La UE respeta los ordenamientos nacionales, salvo (como está ocurriendo en Hungría y Polonia) que violen el Estado de Derecho y la democracia, tal como se entienden en la propia Unión y sus tratados. Y la aplicación del 155 es vista dentro de este respeto, más aún cuando el presidente del Gobierno decidió convocar elecciones autonómicas en Cataluña, en el primer plazo posible. A la UE le gustan la ley, los votos y la no violencia. De ahí que el presidente del Consejo Europeo, Donald Tusk, dijera tras la Declaración Unilateral de Independencia que “para la UE nada cambia. España sigue siendo nuestro único interlocutor. Espero que el Gobierno español favorezca la fuerza del argumento, no el argumento de la fuerza”. Las imágenes de la violencia policial del 1 de octubre han pesado y los encarcelamientos incomodan. Pero la defensa frente al ataque a la integridad territorial y la ilegalidad priman. La UE sigue preocupada. Berlín pide reconciliación.
Naturalmente, está también la cuestión de los precedentes para otras reivindicaciones de este tipo, y la perspectiva que, por ejemplo, rechaza abiertamente el presidente de la Comisión Jean-Claude Juncker, de una Unión plagada de Estados pequeños o enanos, previsiblemente con el dominio absoluto de dos grandes: Francia, si acaso, y Alemania.

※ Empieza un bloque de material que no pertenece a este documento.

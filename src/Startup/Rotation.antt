-- ===== src/Startup/Rotation.antt =====
-- Rotation of the keys at the start.
use osb_opengauss_go.Prelude.{
  ℕ, ◌≡◌, ◌≢◌, sym, ◌∙◌, subst, ap, Option, some, Text, [], codes, false, text_eq, text_eq_iff,
  arith,
}
use osb_opengauss_go.Result.{Result, ok, map_err-eq-ok}
use osb_opengauss_go.Exec.{lift, bind-eq-ok}
use osb_opengauss_go.World.{World}
use osb_opengauss_go.Encrypt.{Encryptor, new_previous_key_decryptor}
use osb_opengauss_go.Encrypt.RoundTrip.{new_encryptor-IsFaithful}
use osb_opengauss_go.Encrypt.Bytes.{
  IsByteCipher, new_encryptor-IsBytes, new_previous_key_decryptor-IsBytes,
}
use osb_opengauss_go.Config.{Config}
use osb_opengauss_go.Table.{IsTable}
use osb_opengauss_go.State.{BindingRecord, Store}
use osb_opengauss_go.State.Open.{Dialector, Tables}
use osb_opengauss_go.State.Open.Files.{open_store-eq-ok, open_store-encryptor}
use osb_opengauss_go.State.Rotate.{rotate_bindings}
use osb_opengauss_go.State.Rotate.Reading.{with_credentials, IsCurrent, Reads, IsRotatable}
use osb_opengauss_go.State.Rotate.Progress.{IsColumn}
use osb_opengauss_go.State.Rotate.Loop.{rotate_bindings-IsCurrent}
use osb_opengauss_go.Startup.{
  Platform, Exit, Opened, HttpServer, serving, must, open_all, rotate_at_start, http_server,
  new_broker, world_of, main,
}
use osb_opengauss_go.Startup.Ready.{Built, open_all-Built, main-eq-serving}

-- The binding records of a host: what each way of opening it gives is the table of these rows.
pub record HasBindings {D C F I B S R : Type 0} (p : Platform D C F I B S R)
    (row : B → Text → Option BindingRecord) : Type 0 where
  pub table :
      (dialector : Dialector) (d : D) (tables : Tables I B)
      → (p.host.gorm_open dialector d).0 ≡ ok tables
      → IsTable (λ r. r.binding_id) (λ r. r.instance_id) row tables.bindings
  pub column :
      (dialector : Dialector) (d : D) (tables : Tables I B)
      → (p.host.gorm_open dialector d).0 ≡ ok tables
      → IsColumn row tables.set_credentials

module _ {D C F I B S R : Type 0} (p : Platform D C F I B S R)
    (row : B → Text → Option BindingRecord) where
  -- the current key reads the credentials of the record with the key `k`, which are those that one
  -- of the keys read in `r`, and the record is else the same
  pub record IsMoved (store : Store F I B R) (setting : Text) (k : Text) (r : BindingRecord)
      (w : World I B S R) : Type 0 where
    pub previous : Encryptor R
    pub made : new_previous_key_decryptor p.gcm p.source setting ≡ ok previous
    pub found : BindingRecord
    pub plain : Text
    pub at : row w.bindings k ≡ some found
    pub others : found ≡ with_credentials found.credentials r
    pub before : Reads store previous r plain
    pub after : IsCurrent store previous found plain

  rotation_end :
      (cfg : Config) (store : Store F I B R) (v : World I B S R) (previous : Encryptor R)
      → text_eq cfg.encryption_key_previous [] ≡ false
      → new_previous_key_decryptor p.gcm p.source cfg.encryption_key_previous ≡ ok previous
      → (rotate_at_start p cfg store v).1 ≡ (rotate_bindings store previous v).1
  unfolding rotate_at_start
  rotation_end cfg store v previous some_key made = rw (some_key, made)

  rotation_of :
      (cfg : Config) (store : Store F I B R) (n : ℕ) (v : World I B S R)
      → text_eq cfg.encryption_key_previous [] ≡ false
      → (rotate_at_start p cfg store v).0 ≡ ok n
      → (previous : Encryptor R) × (new_previous_key_decryptor p.gcm p.source
            cfg.encryption_key_previous
          ≡ ok previous)
        × ((rotate_bindings store previous v).0 ≡ ok n)
  unfolding rotate_at_start
  rotation_of cfg store n v some_key h =
      let (previous, decoded, h1) =
        bind-eq-ok
          (lift (
            must (codes "invalid previous encryption key") (λ e. e)
              (new_previous_key_decryptor p.gcm p.source cfg.encryption_key_previous)))
          _ v (rw some_key at h) in
      (
        previous,
        map_err-eq-ok _ (new_previous_key_decryptor p.gcm p.source cfg.encryption_key_previous)
            decoded,
        map_err-eq-ok _ (rotate_bindings store previous v).0 h1,
      )

  module _ (bindings : HasBindings p row) (cipher : IsByteCipher p.gcm p.source) where
    Built-IsRotatable :
        (d : D) (o : Opened F I B R) (previous : Encryptor R)
        → Built p d o
        → new_previous_key_decryptor p.gcm p.source o.cfg.encryption_key_previous ≡ ok previous
        → IsRotatable o.store previous
    Built-IsRotatable d o previous built made =
        let same =
          open_store-encryptor p.host o.cfg p.json built.encryptor d o.store built.opening in
        record {
          faithful = rw same (
              new_encryptor-IsFaithful p.gcm p.source o.cfg.encryption_key built.encryptor
                built.encrypt);
          bytes-encrypt = λ plain text r bytes h.
              new_encryptor-IsBytes p.gcm p.source cipher o.cfg.encryption_key plain text
                built.encryptor r built.encrypt bytes (rw same at h);
          bytes-decrypt = λ plain text bytes h.
              new_previous_key_decryptor-IsBytes p.gcm p.source cipher o.cfg.encryption_key_previous
                plain text previous made bytes h;
        }

    Built-IsTable :
        (d : D) (o : Opened F I B R)
        → Built p d o
        → IsTable (λ r. r.binding_id) (λ r. r.instance_id) row o.store.bindings
    Built-IsTable d o built =
        let (dialector, d1, tables, opened, same) =
          open_store-eq-ok p.host o.cfg p.json built.encryptor d o.store built.opening in
        subst
          (λ (q : Store F I B R). IsTable (λ r. r.binding_id) (λ r. r.instance_id) row q.bindings)
          same (bindings.table dialector d1 tables opened)

    Built-IsColumn :
        (d : D) (o : Opened F I B R) → Built p d o → IsColumn row o.store.set_credentials
    Built-IsColumn d o built =
        let (dialector, d1, tables, opened, same) =
          open_store-eq-ok p.host o.cfg p.json built.encryptor d o.store built.opening in
        subst (λ (q : Store F I B R). IsColumn row q.set_credentials) same
          (bindings.column dialector d1 tables opened)

    -- Where main comes to serve under settings that have a previous key, the credentials of each
    -- binding record that the state database held when it was opened were read by one of the two
    -- keys; the record is there, all but its credentials unchanged, and the current key reads them.
    pub main-IsMoved :
        (d : D) (s : S) (r : R) (server : HttpServer F I B S R) (w : World I B S R) (k : Text)
        (x : BindingRecord)
        → main p d s r ≡ serving server w
        → server.broker.cfg.encryption_key_previous ≢ []
        → row (p.contents (open_all p d).1).1 k ≡ some x
        → IsMoved server.broker.store server.broker.cfg.encryption_key_previous k x w
    unfolding http_server new_broker
    main-IsMoved d s r server w k x h some_key at =
        let (o, n, opened, rotated, same) = main-eq-serving p d s r server w h in
        rw same (moved o n (open_all-Built p d o opened) (rw same at some_key) rotated)
      where
        moved :
            (o : Opened F I B R) (n : ℕ)
            → Built p d o
            → o.cfg.encryption_key_previous ≢ []
            → rotate_at_start p o.cfg o.store (world_of p (open_all p d).1 s r) ≡ (ok n, w)
            → IsMoved o.store o.cfg.encryption_key_previous k x w
        moved o n built some_key rotated =
            let v = world_of p (open_all p d).1 s r in
            let key_set : text_eq o.cfg.encryption_key_previous [] ≡ false =
              ground (arith, text_eq_iff o.cfg.encryption_key_previous []) in
            let (previous, made, done) =
              rotation_of o.cfg o.store n v key_set
                (ap (λ (q : Result Exit ℕ × World I B S R). q.0) rotated) in
            let (found, plain, place, others, before, after) =
              rotate_bindings-IsCurrent o.store previous row (Built-IsColumn d o built)
                (Built-IsRotatable d o previous built made) (Built-IsTable d o built) v n k x done
                at in
            record {
              previous = previous;
              made = made;
              found = found;
              plain = plain;
              at =
                  subst (λ (u : World I B S R). row u.bindings k ≡ some found)
                    (sym (rotation_end o.cfg o.store v previous key_set made)
                      ∙ ap (λ (q : Result Exit ℕ × World I B S R). q.1) rotated)
                    place;
              others = others;
              before = before;
              after = after;
            }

Hay un debate, más bien académico pero también político, sobre si la integración europea favorece estas escisiones o las previene. Más allá, se puede considerar que, al pasar cada vez más competencias a Europa, los Estados se vacían de contenido, llevando a las regiones a reclamar un trato directo con Bruselas. Esta moneda tiene otra cara: como escribiera Alan S. Milward en los 90, la integración europea ha salvado a los Estados nación de la desintegración hacia abajo (regiones) y hacia los lados (globalización). Y en los últimos tiempos más, cuando esta integración avanza por la vía intergubernamental, en la que los Estados miembros –Estado miembro de la UE es una característica casi más importante que la de Estado nación– se sitúan en el eje de esta construcción. Jaume Ventura et al. ven que la citada fragmentación es producto de la globalización y de la aparición de este tipo de organizaciones internacionales. Ya hace años, el economista Robert Barro teorizó sobre las ventajas económicas de los Estados pequeños.
Incluso hay cierta reticencia en la UE –pero poco puede hacer al respecto– a una excesiva regionalización de sus miembros por cómo incide en su propio funcionamiento. Así, la sexta reforma constitucional belga dio aún más poderes a sus entidades o regiones federadas, lo que llevó a una de ellas a paralizar durante semanas el acuerdo de la UE con Canadá.
En el caso catalán –es una diferencia importante, además de la constitucional, con Escocia o el Brexit– se trata de un territorio con importancia económica plenamente integrado en la Unión Monetaria. La independencia rupturista hubiera implicado la salida automática de esa Cataluña independiente de la UE y de la Unión Monetaria, lo que hubiera generado una tormenta en la Eurozona, a la que nadie, salvo, con inconsciencia, los independentistas catalanes, estaba dispuesto. El impacto del caso en la economía del conjunto de España también preocupa. Sí, la Unión sigue inquieta con nuestro tema, pues es también el suyo.